Культурология. Дайджест №1 / 2016 - страница 26



Пока в душе людей будут бороться эти два нравственных идеала, пока люди будут с тоской и недоумением спрашивать себя, на чем же им, наконец, успокоиться – на земном счастии или же на том, чего не может дать земля, – до тех пор красота древности классической, как совершенное воплощение одной из этих точек зрения, будет сохранять свое обаяние.

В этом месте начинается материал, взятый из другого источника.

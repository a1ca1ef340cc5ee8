-- ===== src/Contract/Status.antt =====
-- internal/contract/status.go: whether a family holds the whole contract exactly.
pub mod Ready
pub mod Transition
use molebridge.Base.{
  ℕ, ◌+◌, Bool, true, false, not, ◌&&◌, ◌||◌, Option, none, some, List, [], ◌∷◌, ◌==◌, same,
  is_some, all, any, keep, bit_clear, Text, Text-discrete, bytes, if◌then◌else◌,
}
use molebridge.Rtnl.Addr.{
  Family, v4, v6, is_v4, Addr, is4, Family-discrete, Addr-discrete, OptPrefix-discrete, Prefix,
}
use molebridge.Rtnl.Rule.{
  Rule, invert, iif_detached, oif_detached, extra_flags, fr_act_to_tbl, table_local,
  fib_rule_iif_detached, fib_rule_oif_detached,
}
use molebridge.Rtnl.Items.{items, equal_items}
use molebridge.Rtnl.Route.{
  Route, IfAddr, Link, Snapshot, link, link_down, global, is_default, unconditional,
  routes_in_table, rtn_unicast,
}
use molebridge.Contract.Config.{Config, is_native_sidecar}
use molebridge.Contract.Spec.{Spec, owned, rules, prio_return_path, prio_from_tunnel, prio_egress}
use molebridge.Contract.Diff.{Wanted, unmatched}
use molebridge.Contract.Routes.{is_fallback, is_tunnel_route, plain_device_route, out_of}

pub record StatusOptions : Type 0 where
  pub tunnel_address : Option Addr
  pub no_tunnel_route : Bool
  pub exit_if_index : ℕ

abbrev empty : Text → Bool
empty [] = true
empty (_ ∷ _) = false

no_attrs {ℓ} : {A : Type ℓ} → List A → Bool
no_attrs [] = true
no_attrs (_ ∷ _) = false

-- The overlay interface is the only selector.
unfoldable pub guard_shape : Rule → Text → Bool
unfolding Text-discrete no_attrs
guard_shape r overlay_if =
    same Text-discrete r.iif_name overlay_if
    && (not (is_some r.src)
        && (not (is_some r.dst)
            && (empty r.oif_name
                && (r.tos == 0
                    && (not (is_some r.fw_mark)
                        && (not (is_some r.fw_mask)
                            && (not (is_some r.ip_proto)
                                && (not (is_some r.suppress_prefix_len)
                                    && (not (is_some r.suppress_if_group)
                                        && (not (is_some r.goto)
                                            && (not (is_some r.l3_mdev)
                                                && (no_attrs r.unknown
                                                    && (extra_flags r == 0 && not r.bad)))))))))))))

unfoldable pub local_rule_admits_overlay : Rule → Text → Bool
unfolding guard_shape Text-discrete
local_rule_admits_overlay r overlay_if =
    if not (r.action == fr_act_to_tbl) || not (r.table == table_local)
    then false
    else if invert r
    then not (guard_shape r overlay_if)
    else empty r.iif_name || same Text-discrete r.iif_name overlay_if

unfoldable pub exact_rule : Rule → Rule → Bool
exact_rule r want =
    not (iif_detached r) && (not (oif_detached r) && equal_items (items r) (items want))

abbrev pub only : Option Addr → List Addr
only none = []
only (some a) = a ∷ []

-- `st`: the Spec with exactly the address given, for the one family.
abbrev pub status_spec : Spec → Family → Option Addr → Spec
status_spec s f a = record s {
  return_path = λ g. if same Family-discrete g f then only a else [];
  leave_return_path = λ g. false;
  temp_guard = λ g. false;
}

-- The inner loop up to its `break`: the first entry not yet found that the rule is exactly.
unfoldable pub claim : Rule → List Wanted → List Wanted × Bool
unfolding exact_rule
claim r [] = ([], false)
claim r (w ∷ ws) =
    let rest = claim r ws in
    if not w.matched && (r.priority == w.rule.priority && exact_rule r w.rule)
    then (record w { matched = true } ∷ ws, true)
    else (w ∷ rest.0, rest.1)

-- `found` and `rulesOK`.
pub record Census : Type 0 where
  pub found : List Wanted
  pub rules_ok : Bool

unfoldable pub check_rule : Spec → Census → Rule → Census
unfolding local_rule_admits_overlay
check_rule s c r =
    let fits =
      c.rules_ok
      && not
          (not (is_native_sidecar s.config) && local_rule_admits_overlay r s.config.overlay_if) in
    let (ws, hit) = claim r c.found in
    if not (owned s r.priority)
    then record c { rules_ok = fits }
    else record { found = ws; rules_ok = fits && hit }

unfoldable pub check_rules : Spec → Census → List Rule → Census
check_rules s c [] = c
check_rules s c (r ∷ rs) = check_rules s (check_rule s c r) rs

unfoldable pub rules_status : Spec → Family → List Rule → Bool
rules_status s f rs =
    let c = check_rules s (record { found = unmatched (rules s f); rules_ok = true }) rs in
    c.rules_ok && all (λ w. w.matched) c.found

-- `routesOK`, `tunnelDefault` and `fallback`.
pub record RouteCensus : Type 0 where
  pub routes_ok : Bool
  pub tunnel_default : Bool
  pub fallback : Bool

unfoldable pub check_route : ℕ → RouteCensus → Route → RouteCensus
check_route i c r =
    if is_fallback r
    then record c { fallback = true }
    else if r.kind == rtn_unicast && (not (i == 0) && (out_of i r.oif && plain_device_route r))
    then record c { tunnel_default = c.tunnel_default || is_tunnel_route r i && not (link_down r) }
    else record c { routes_ok = false }

unfoldable pub check_routes : ℕ → RouteCensus → List Route → RouteCensus
unfolding check_route
check_routes i c [] = c
check_routes i c (r ∷ rs) = check_routes i (check_route i c r) rs

abbrev pub no_routes : RouteCensus
no_routes = record { routes_ok = true; tunnel_default = false; fallback = false }

-- Whether an address is of another family than the one that is judged.
abbrev pub foreign : Family → Option Addr → Bool
foreign f none = false
foreign f (some a) = not (is_v4 f) && is4 a || is_v4 f && not (is4 a)

-- `ready` and `fallback`.
unfoldable pub family_status : Spec → Family → List Rule → List Route → StatusOptions → Bool × Bool
family_status s f rs routes opt =
    let c = check_routes opt.exit_if_index no_routes routes in
    if foreign f opt.tunnel_address then (false, false) else (
      rules_status (status_spec s f opt.tunnel_address) f rs
          && (c.routes_ok
              && (c.fallback
                  && (c.tunnel_default
                      || (not (is_some opt.tunnel_address) || opt.no_tunnel_route)))),
      c.fallback,
    )

pub record TransitionOptions : Type 0 where
  pub tunnel_address : Option Addr
  pub previous_address : Option Addr
  pub interface_present : Bool
  pub interface_up : Bool
  pub exit_if_index : ℕ

abbrev pub contains_addr : List Addr → Addr → Bool
contains_addr as' a = any (λ b. same Addr-discrete b a) as'

-- The rules but those of the return path; while the tunnel interface is absent, those that name
-- it without the kernel's marks of detachment.
unfoldable pub adjust : Bool → List Rule → List Rule
unfolding bit_clear
adjust present [] = []
adjust present (r ∷ rs) =
    let rest = adjust present rs in
    if r.priority == prio_return_path
    then rest
    else if (r.priority == prio_from_tunnel || r.priority == prio_egress) && not present
    then record r { flags = bit_clear r.flags (fib_rule_iif_detached + fib_rule_oif_detached) }
      ∷ rest
    else r ∷ rest

-- The previous address and the current one, each once.
unfoldable pub allowed_addrs : Option Addr → Option Addr → List Addr
unfolding Addr-discrete
allowed_addrs none b = only b
allowed_addrs (some a) none = a ∷ []
allowed_addrs (some a) (some b) = if same Addr-discrete a b then a ∷ [] else a ∷ b ∷ []

-- A rule is the return-path rule of the Spec with this address alone.
unfoldable pub is_path_of : Spec → Family → Rule → Addr → Bool
unfolding exact_rule
is_path_of s f r a =
    any (λ e. e.priority == prio_return_path && exact_rule r e)
      (rules (record s { return_path = λ g. if same Family-discrete g f then a ∷ [] else [] }) f)

-- `hit`: the last of the addresses whose rule it is.
unfoldable pub hit_of : Spec → Family → Rule → List Addr → Option Addr
hit_of s f r [] = none
hit_of s f r (a ∷ as') = elim (hit_of s f r as') [
  | some b ↦ some b
  | none ↦ if is_path_of s f r a then some a else none
]

-- Each return-path rule is exactly that of an allowed address that no rule before it was of.
unfoldable pub paths_ok : Spec → Family → List Addr → List Addr → List Rule → Bool
paths_ok s f allowed matched [] = true
paths_ok s f allowed matched (r ∷ rs) = elim (hit_of s f r allowed) [
  | none ↦ false
  | some a ↦ if contains_addr matched a then false else paths_ok s f allowed (a ∷ matched) rs
]

-- `safe` and `ready`.
unfoldable pub gluetun_transition_status :
    Spec → Family → List Rule → List Route → TransitionOptions → Bool × Bool
gluetun_transition_status s f rs routes opt =
    let ready =
      (family_status s f rs routes (record {
        tunnel_address = opt.tunnel_address;
        no_tunnel_route = not opt.interface_up;
        exit_if_index = opt.exit_if_index;
      })).0 in
    let allowed = allowed_addrs opt.previous_address opt.tunnel_address in
    let safe =
      (family_status s f (adjust opt.interface_present rs) routes (record {
        tunnel_address = none;
        no_tunnel_route = false;
        exit_if_index = opt.exit_if_index;
      })).0 in
    if ready
    then (true, true)
    else if any (λ a. foreign f (some a)) allowed
    then (false, false)
    else if paths_ok s f allowed [] (keep (λ r. r.priority == prio_return_path) rs)
    then (safe, false)
    else (false, false)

Древние были тоже своего рода позитивисты, только озаренные отблеском поэзии, которые гораздо лучше современных позитивистов умели жить исключительно для земного счастия и умирать так, как будто кроме земной жизни ничего и нет и быть не может:

И на коленях девы милой
Я с напряженной жизни силой
В последний раз упьюсь душой
Дыханьем трав и морем спящим,
И солнцем, в волны заходящим,
И Пирры ясной красотой!..
Когда ж пресыщусь до избытка,
Она смертельного напитка,
Умильно улыбаясь, мне,
Сама не зная, даст в вине,
И я умру шутя, чуть слышно,
Как истый мудрый сибарит,
Который, трапезою пышной
Насытив тонкий аппетит,
Средь ароматов мирно спит139.

Так говорит эпикуреец Люций в «Трех смертях» Майкова. Ни один из современных поэтов не выражал изящного материализма древних так смело и вдохновенно. Майков проникает в глубину не только античной любви и жизни, но и того, что для современных людей еще менее доступно – в глубину античного отношения к смерти:

С зеленеющих полей
В область бледную теней
Залетела раз Психея,
На отживших вдруг повея
Жизнью, счастьем и теплом.
Тени вкруг нее толпятся
Одного они боятся:
Чтобы солнце к ним лучом
В вечный сумрак не запало.
Чтоб она не увидала
И от них бы в тот же час
В светлый луч не унеслась.
(«Два мира»)140

Что может быть грациознее светлого образа Психеи на фоне древнего Аида? Вся эта трогательная песенка проникнута не современной, но близкой нам грустью. С таким унынием и тихой покорностью должен относиться к смерти человек, видящий в ней только уничтожение, но не восстающий против этого уничтожения и лишь опечаленный краткостью земного счастия. Тени Аида и после смерти не видели ничего отраднее нашего солнца и тоскуют о нашей земле.

Что бы Майков ни говорил о христианстве, как бы ни старался признать рассудком его истины, здесь и только здесь мы имеем искренний взгляд нашего поэта на загробный мир. Это тонкий поэтический материализм художника, влюбленного в красоту плоти и равнодушного ко всему остальному. Замечательно, что поэт, пользуясь даже образами христианской мифологии, сохраняет все то же античное настроение:

Больное, тихое дитя
Сидит на берегу, следя
Большими умными глазами
За золотыми облаками…
Вкруг берег пуст скала, песок…
Тростник, накиданный волною,
В поморье тянется каймою…
И так покой кругом глубок,
Так тих ребенок, что садится
Вблизи его на тростнике,
Играя, птичка на песке
По мели рыбка серебрится…
К ним взор порою обратя,
Так улыбается дитя,
Глядит на них с таким участьем,
И так сияет кротким счастьем.
Что если, бедный, промелькнет
Он на земле, как гость залетный,
И скоро в небе в сонм бесплотный
Господних ангелов войдет,
То там, меж них воспоминая
Свой берег, дикий и пустой,
«Прекрасна, – скажет, – жизнь земная!
Богат и весел край земной!»141

Не страдавшей и не плакавшей музе поэта, как этому наивному ребенку, жизнь тоже представляется прекрасной, край земной – богатым и веселым. Он был счастлив на земле, он привязался к ней, и среди ангелов он, может быть, пожалеет о прошлом, совсем как жалеют о сладостном свете земного дня языческие тени Аида. Разные мифологии, – но настроение поэта одно и то же. Он и в христианстве остается бессознательным язычником.